The knowledge gained by consolidating this information for iterative utility would potentially help identify new genes associated with a variety of clinical outcomes as well as new therapeutic targets. Additionally, these patient samples provide opportunity to investigate associated disease processes such as coronary artery disease, chronic heart failure, calcified aortic valve disease, atrial fibrillation, etc. It has been shown that the power of two well-characterised biomarkers can determine differences of 1 -year mortality by more than 50% predictively.43 Assessment of clinical and biomarker panels could thus potentially help identify predictive biomarkers that would help clinicians treat cardiac patients more effectively.

Despite the novelty of the proposed study, some investigations extend beyond our scope. Future studies might include more comprehensive QoL assessments, including mental health assessments and socioeconomic status that contribute to health-related QoL. Mental fortitude could be a deterrent to QoL, independent of physical ability, and is not specifically accounted for in this study. Underweight patients were excluded due to the significantly higher risks associated with early major adverse clinical outcomes.8 Patients above the age of 75 years were not included in this study, to exclude the effect of frailty on physical capacity for recovery. Future studies could account for frailty as a confounding variable and incorporate this into a more complete assessment of surgical fitness. Only elective patients are included in this study, and high-risk urgent patients were excluded. This was a practical and safety decision; however, the results of this study should allow for more open inclusion once the criterion to define surgical fitness is clear. Additional studies should explore how best to treat and prevent adverse outcomes in at-risk obese patients in advance of their surgery or thereafter in order to reduce their risk and to improve outcomes. These and additional patient populations could be followed over a longer term to assess outcomes like 5-year mortality or to compare retrospectively to past practices once a new paradigm is determined.36 While our study is limited in terms of patients enrolled, future studies could also have higher enrolment targets that would allow for broader multivariate analyses.

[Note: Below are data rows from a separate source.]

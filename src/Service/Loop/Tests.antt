-- ===== src/Service/Loop/Tests.antt =====
-- Runs of the loop: a tick behind a shut gate, a block, and a run that is stopped.
use polymarket_event_quant.Base.{
  ◌≡◌, refl, true, false, some, List, [], ◌∷◌, Result, ok, err, suc, any,
}
use polymarket_event_quant.Base.Text.{codes, to_upper}
use polymarket_event_quant.Exchange.{Exc}
use polymarket_event_quant.Exchange.Orders.{cancel_orders}
use polymarket_event_quant.Geoblock.{
  GeoblockReply, is_api_trading_blocked, run_checks, new_geoblock_worker,
}
use polymarket_event_quant.Geoblock.Blocked.{is_block}
use polymarket_event_quant.Database.Queries.{due_open_orders, tracked_open_orders}
use polymarket_event_quant.Service.Monad.{◌>>=◌}
use polymarket_event_quant.Service.Loop.{
  Inbox, Times, Polls, tick, tick_first, drain_market_activation_updates, drain_geoblock_updates,
  tick_drains,
}
use polymarket_event_quant.Service.Loop.Gates.{block_stops_tick, Raises}
use polymarket_event_quant.Service.Loop.Closed.{run-IsClosed, IsClosed}
use polymarket_event_quant.Service.Loop.Process.{
  run, is_interrupted, run_ticks, run_rest, shut_down,
}
use polymarket_event_quant.Service.Placement.Tests.{desk, queued}
use polymarket_event_quant.Fixtures.{client, settings, bot}
use polymarket_event_quant.Service.Reconcile.{drain_reconciliation_updates, apply_updates}
use polymarket_event_quant.Service.Stream.{drain_user_stream_updates, apply_stream}
use polymarket_event_quant.Service.Cancel.{
  cancel_due_orders, cancel_tracked_orders, classify_cancel_result,
}
use polymarket_event_quant.Database.{start_run, stop_run, event, mark_orders}
use polymarket_event_quant.Models.Statuses.{is_due, is_tracked}

-- the service is out of reach at first, and then blocks
abbrev answers : List (Result Exc GeoblockReply)
answers =
    err "ConnectionError: no route"
    ∷ ok (record { blocked = true; country = some (codes "US") })
    ∷ []

-- a block that does not hold for the interface
exempt : is_api_trading_blocked (record { blocked = true; country = some (codes "nl") }) ≡ false
unfolding is_api_trading_blocked to_upper
exempt = refl

blocks : any is_block answers ≡ true
unfolding is_api_trading_blocked to_upper
blocks = refl

abbrev inbox : Inbox
inbox = record {
  activation = [];
  reconciled = [];
  stream = [];
  geoblock = (run_checks answers new_geoblock_worker).updates;
  geoblock_healthy = false;
  user_stream_healthy = true;
  submit_taken = true;
  discovered = ok [];
  now_ts = 150;
  monotonic_ms = 9_000;
}

abbrev quiet : Inbox
quiet = record inbox { geoblock = [] }

abbrev polls : Polls
polls = record { order_poll_ms = 5_000; discovery_ms = 10_000 }

abbrev times : Times
times = record { last_discovery = 0; last_reconcile = 0 }

block_stops_tick_example :
    Raises (tick client desk settings polls inbox times queued).0
    × ((tick client desk settings polls inbox times queued).1
        ≡ ((tick_drains client settings polls inbox >>= λ _.
              drain_geoblock_updates settings inbox.now_ts inbox.geoblock)
            queued).1)
block_stops_tick_example =
    block_stops_tick client desk settings polls inbox times queued answers new_geoblock_worker refl
      blocks refl

-- one quiet tick, and a stop
returns :
    (run client desk settings polls "live" "{}" 140 ((quiet, true) ∷ []) quiet bot).1.0 ≡ ok tt
unfolding run run_rest run_ticks tick tick_first drain_market_activation_updates
    drain_reconciliation_updates apply_updates drain_user_stream_updates apply_stream
    drain_geoblock_updates cancel_due_orders due_open_orders cancel_tracked_orders shut_down
    start_run stop_run event mark_orders is_due tracked_open_orders is_tracked cancel_orders
    classify_cancel_result
returns = refl

run-IsClosed_example :
    IsClosed client
      (suc bot.db.last_run_id)
      (is_interrupted
        (run client desk settings polls "live" "{}" 140 ((quiet, true) ∷ []) quiet bot).0)
      (run client desk settings polls "live" "{}" 140 ((quiet, true) ∷ []) quiet bot).1.1.db
run-IsClosed_example =
    run-IsClosed client desk settings polls "live" "{}" 140 ((quiet, true) ∷ []) quiet bot returns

Fit or not, healthy or unhealthy, chronic obesity is strongly linked to metabolic deterioration, a major risk factor for CVD. The results of the OPOS study will inform cardiac surgeons and allied healthcare professionals on the important relationships that exist between obesity and adverse outcomes after cardiac surgery. On completion of this study, clinicians and healthcare administrators will be better able to identify an obese patient who is more likely to experience adverse outcomes and require additional hospital resources in their recovery.

Present status

The OPOS study began enrolment in December 2014 and as of January 2019, more than 415 patients have been enrolled with clinical data and tissue samples collected. In all, 105 patients were withdrawn due to change in patient’s condition becoming more urgent, patients passing the age limit of 75 years and patients who decided to withdraw from the study. The study is expected to continue till 2022 until enrolment targets have been achieved. Other potential strategies to improve enrolment are inclusion of additional sites.